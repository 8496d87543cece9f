-- ===== src/Core/Ledger/Tests.antt =====
-- The ledger on concrete rows.
use role_n.Prelude.{
  ℕ, String, ◌≡◌, refl, Bool, true, Option, none, some, List, [], ◌∷◌, map, leb, tally, ◌+◌,
  string_eq,
}
use role_n.Core.Types.{Text, queued, applied, rejected, create, WriteTicket}
use role_n.Core.Pricing.{TokenCounts}
use role_n.Core.Ledger.{Chrono, TicketCounts, ticket_counts_since}
use role_n.Core.Ledger.Journal.{JournalOp, submit, settle, run, replay, ticket_at, journal_refines}
use role_n.Core.Ledger.Usage.{
  Costs, LedgerEntry, EntryRow, UsageSummary, entry_row, usage_since, total_tokens,
}
use role_n.Core.Ledger.Shares.{tokens_in_of, tokens_out_of, requests_of, usage_since_shares}
use role_n.Core.Ledger.Sessions.{Session, running}

-- A time is one character.
abbrev char_le : Text → Text → Bool
char_le (a ∷ _) (b ∷ _) = leb a b
char_le _ _ = true

abbrev head : Text → Option ℕ
head [] = none
head (t ∷ _) = some t

abbrev clock : Chrono
clock = record { print = λ t. t ∷ []; read = head; now = 0; text_le = char_le }

abbrev cents : Costs ℕ
cents = record { zero = 0; sum = λ a b. a + b; storable = λ _. true }

abbrev ticket : String → ℕ → WriteTicket
ticket id ts = record {
  id = id;
  task_id = "t";
  path = "a.txt";
  op = create;
  payload = [];
  base_hash = none;
  state = queued;
  ts = ts;
}

abbrev day : List JournalOp
day =
    submit (ticket "1" 4)
    ∷ submit (ticket "2" 5)
    ∷ settle "1" applied
    ∷ submit (ticket "1" 9)
    ∷ settle "2" rejected
    ∷ submit (ticket "3" 6)
    ∷ []

journal_refines_example : ticket_at clock (run clock day []) ≡ replay day (λ id. none)
journal_refines_example = journal_refines clock (λ t. refl) day

-- The verdict of ticket 1 stays, and its second submission is dropped.
ticket_1 : ticket_at clock (run clock day []) "1" ≡ some (record (ticket "1" 4) { state = applied })
unfolding ticket_at run
ticket_1 = refl

abbrev one_each : TicketCounts
one_each = record { applied = 1; rejected = 1; queued = 1 }

counts_of_day : ticket_counts_since clock (4 ∷ []) (run clock day []) ≡ one_each
unfolding ticket_counts_since run
counts_of_day = refl

abbrev spent : ℕ → ℕ → TokenCounts
spent i o = record { input = i; cache_read = 0; cache_write_5m = 0; cache_write_1h = 0; output = o }

abbrev call : String → String → ℕ → ℕ → LedgerEntry ℕ
call id p i ts = record {
  id = id;
  session_id = "s";
  provider_id = p;
  usage = spent i 1;
  cost = 2;
  latency_ms = some 7;
  ts = ts;
}

abbrev calls : List (LedgerEntry ℕ)
calls = call "x" "glm" 10 5 ∷ call "y" "kimi" 20 3 ∷ call "z" "glm" 30 4 ∷ []

abbrev rows : List (EntryRow ℕ)
rows = map (entry_row cents clock) calls

abbrev all_calls : UsageSummary ℕ
all_calls = record { tokens_in = 60; tokens_out = 3; cost = 6; requests = 3 }

abbrev used : String → Option (UsageSummary ℕ)
used p = usage_since cents clock (some p) (3 ∷ []) rows

all_calls-found : usage_since cents clock none (3 ∷ []) rows ≡ some all_calls
unfolding usage_since
all_calls-found = refl

usage_since_shares_example :
    (tally (λ p. tokens_in_of (used p)) ("kimi" ∷ "glm" ∷ []) ≡ 60)
    × (tally (λ p. tokens_out_of (used p)) ("kimi" ∷ "glm" ∷ []) ≡ 3)
    × (tally (λ p. requests_of (used p)) ("kimi" ∷ "glm" ∷ []) ≡ 3)
    × (total_tokens all_calls ≡ 63)
usage_since_shares_example =
    usage_since_shares cents clock (3 ∷ []) rows ("kimi" ∷ "glm" ∷ []) all_calls (refl, (refl, tt))
      ((λ _. refl), ((λ _. refl), ((λ _. refl), tt))) all_calls-found

abbrev session : String → ℕ → Session ℕ
session id started = record {
  id = id;
  task_id = none;
  provider_id = "glm";
  model = "m";
  role = "coder";
  state = running;
  tokens_in = 5;
  tokens_out = 6;
  cost = 7;
  started = started;
  transcript_path = none;
}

+ + + + +

EXERCISE OBJECTIVE
Once you have read the entries, write them out again without altering a single character.

WORKED SOLUTION
repository 8496d87543cece9f
-- ===== src/Core/Ledger/Tests.antt =====
-- The ledger on concrete rows.
use role_n.Prelude.{
  ℕ, String, ◌≡◌, refl, Bool, true, Option, none, some, List, [], ◌∷◌, map, leb, tally, ◌+◌,
  string_eq,
}
use role_n.Core.Types.{Text, queued, applied, rejected, create, WriteTicket}
use role_n.Core.Pricing.{TokenCounts}
use role_n.Core.Ledger.{Chrono, TicketCounts, ticket_counts_since}
use role_n.Core.Ledger.Journal.{JournalOp, submit, settle, run, replay, ticket_at, journal_refines}
use role_n.Core.Ledger.Usage.{
  Costs, LedgerEntry, EntryRow, UsageSummary, entry_row, usage_since, total_tokens,
}
use role_n.Core.Ledger.Shares.{tokens_in_of, tokens_out_of, requests_of, usage_since_shares}
use role_n.Core.Ledger.Sessions.{Session, running}

-- A time is one character.
abbrev char_le : Text → Text → Bool
char_le (a ∷ _) (b ∷ _) = leb a b
char_le _ _ = true

abbrev head : Text → Option ℕ
head [] = none
head (t ∷ _) = some t

abbrev clock : Chrono
clock = record { print = λ t. t ∷ []; read = head; now = 0; text_le = char_le }

abbrev cents : Costs ℕ
cents = record { zero = 0; sum = λ a b. a + b; storable = λ _. true }

abbrev ticket : String → ℕ → WriteTicket
ticket id ts = record {
  id = id;
  task_id = "t";
  path = "a.txt";
  op = create;
  payload = [];
  base_hash = none;
  state = queued;
  ts = ts;
}

abbrev day : List JournalOp
day =
    submit (ticket "1" 4)
    ∷ submit (ticket "2" 5)
    ∷ settle "1" applied
    ∷ submit (ticket "1" 9)
    ∷ settle "2" rejected
    ∷ submit (ticket "3" 6)
    ∷ []

journal_refines_example : ticket_at clock (run clock day []) ≡ replay day (λ id. none)
journal_refines_example = journal_refines clock (λ t. refl) day

-- The verdict of ticket 1 stays, and its second submission is dropped.
ticket_1 : ticket_at clock (run clock day []) "1" ≡ some (record (ticket "1" 4) { state = applied })
unfolding ticket_at run
ticket_1 = refl

abbrev one_each : TicketCounts
one_each = record { applied = 1; rejected = 1; queued = 1 }

counts_of_day : ticket_counts_since clock (4 ∷ []) (run clock day []) ≡ one_each
unfolding ticket_counts_since run
counts_of_day = refl

abbrev spent : ℕ → ℕ → TokenCounts
spent i o = record { input = i; cache_read = 0; cache_write_5m = 0; cache_write_1h = 0; output = o }

abbrev call : String → String → ℕ → ℕ → LedgerEntry ℕ
call id p i ts = record {
  id = id;
  session_id = "s";
  provider_id = p;
  usage = spent i 1;
  cost = 2;
  latency_ms = some 7;
  ts = ts;
}

abbrev calls : List (LedgerEntry ℕ)
calls = call "x" "glm" 10 5 ∷ call "y" "kimi" 20 3 ∷ call "z" "glm" 30 4 ∷ []

abbrev rows : List (EntryRow ℕ)
rows = map (entry_row cents clock) calls

abbrev all_calls : UsageSummary ℕ
all_calls = record { tokens_in = 60; tokens_out = 3; cost = 6; requests = 3 }

abbrev used : String → Option (UsageSummary ℕ)
used p = usage_since cents clock (some p) (3 ∷ []) rows

all_calls-found : usage_since cents clock none (3 ∷ []) rows ≡ some all_calls
unfolding usage_since
all_calls-found = refl

usage_since_shares_example :
    (tally (λ p. tokens_in_of (used p)) ("kimi" ∷ "glm" ∷ []) ≡ 60)
    × (tally (λ p. tokens_out_of (used p)) ("kimi" ∷ "glm" ∷ []) ≡ 3)
    × (tally (λ p. requests_of (used p)) ("kimi" ∷ "glm" ∷ []) ≡ 3)
    × (total_tokens all_calls ≡ 63)
usage_since_shares_example =
    usage_since_shares cents clock (3 ∷ []) rows ("kimi" ∷ "glm" ∷ []) all_calls (refl, (refl, tt))
      ((λ _. refl), ((λ _. refl), ((λ _. refl), tt))) all_calls-found

abbrev session : String → ℕ → Session ℕ
session id started = record {
  id = id;
  task_id = none;
  provider_id = "glm";
  model = "m";
  role = "coder";
  state = running;
  tokens_in = 5;
  tokens_out = 6;
  cost = 7;
  started = started;
  transcript_path = none;
}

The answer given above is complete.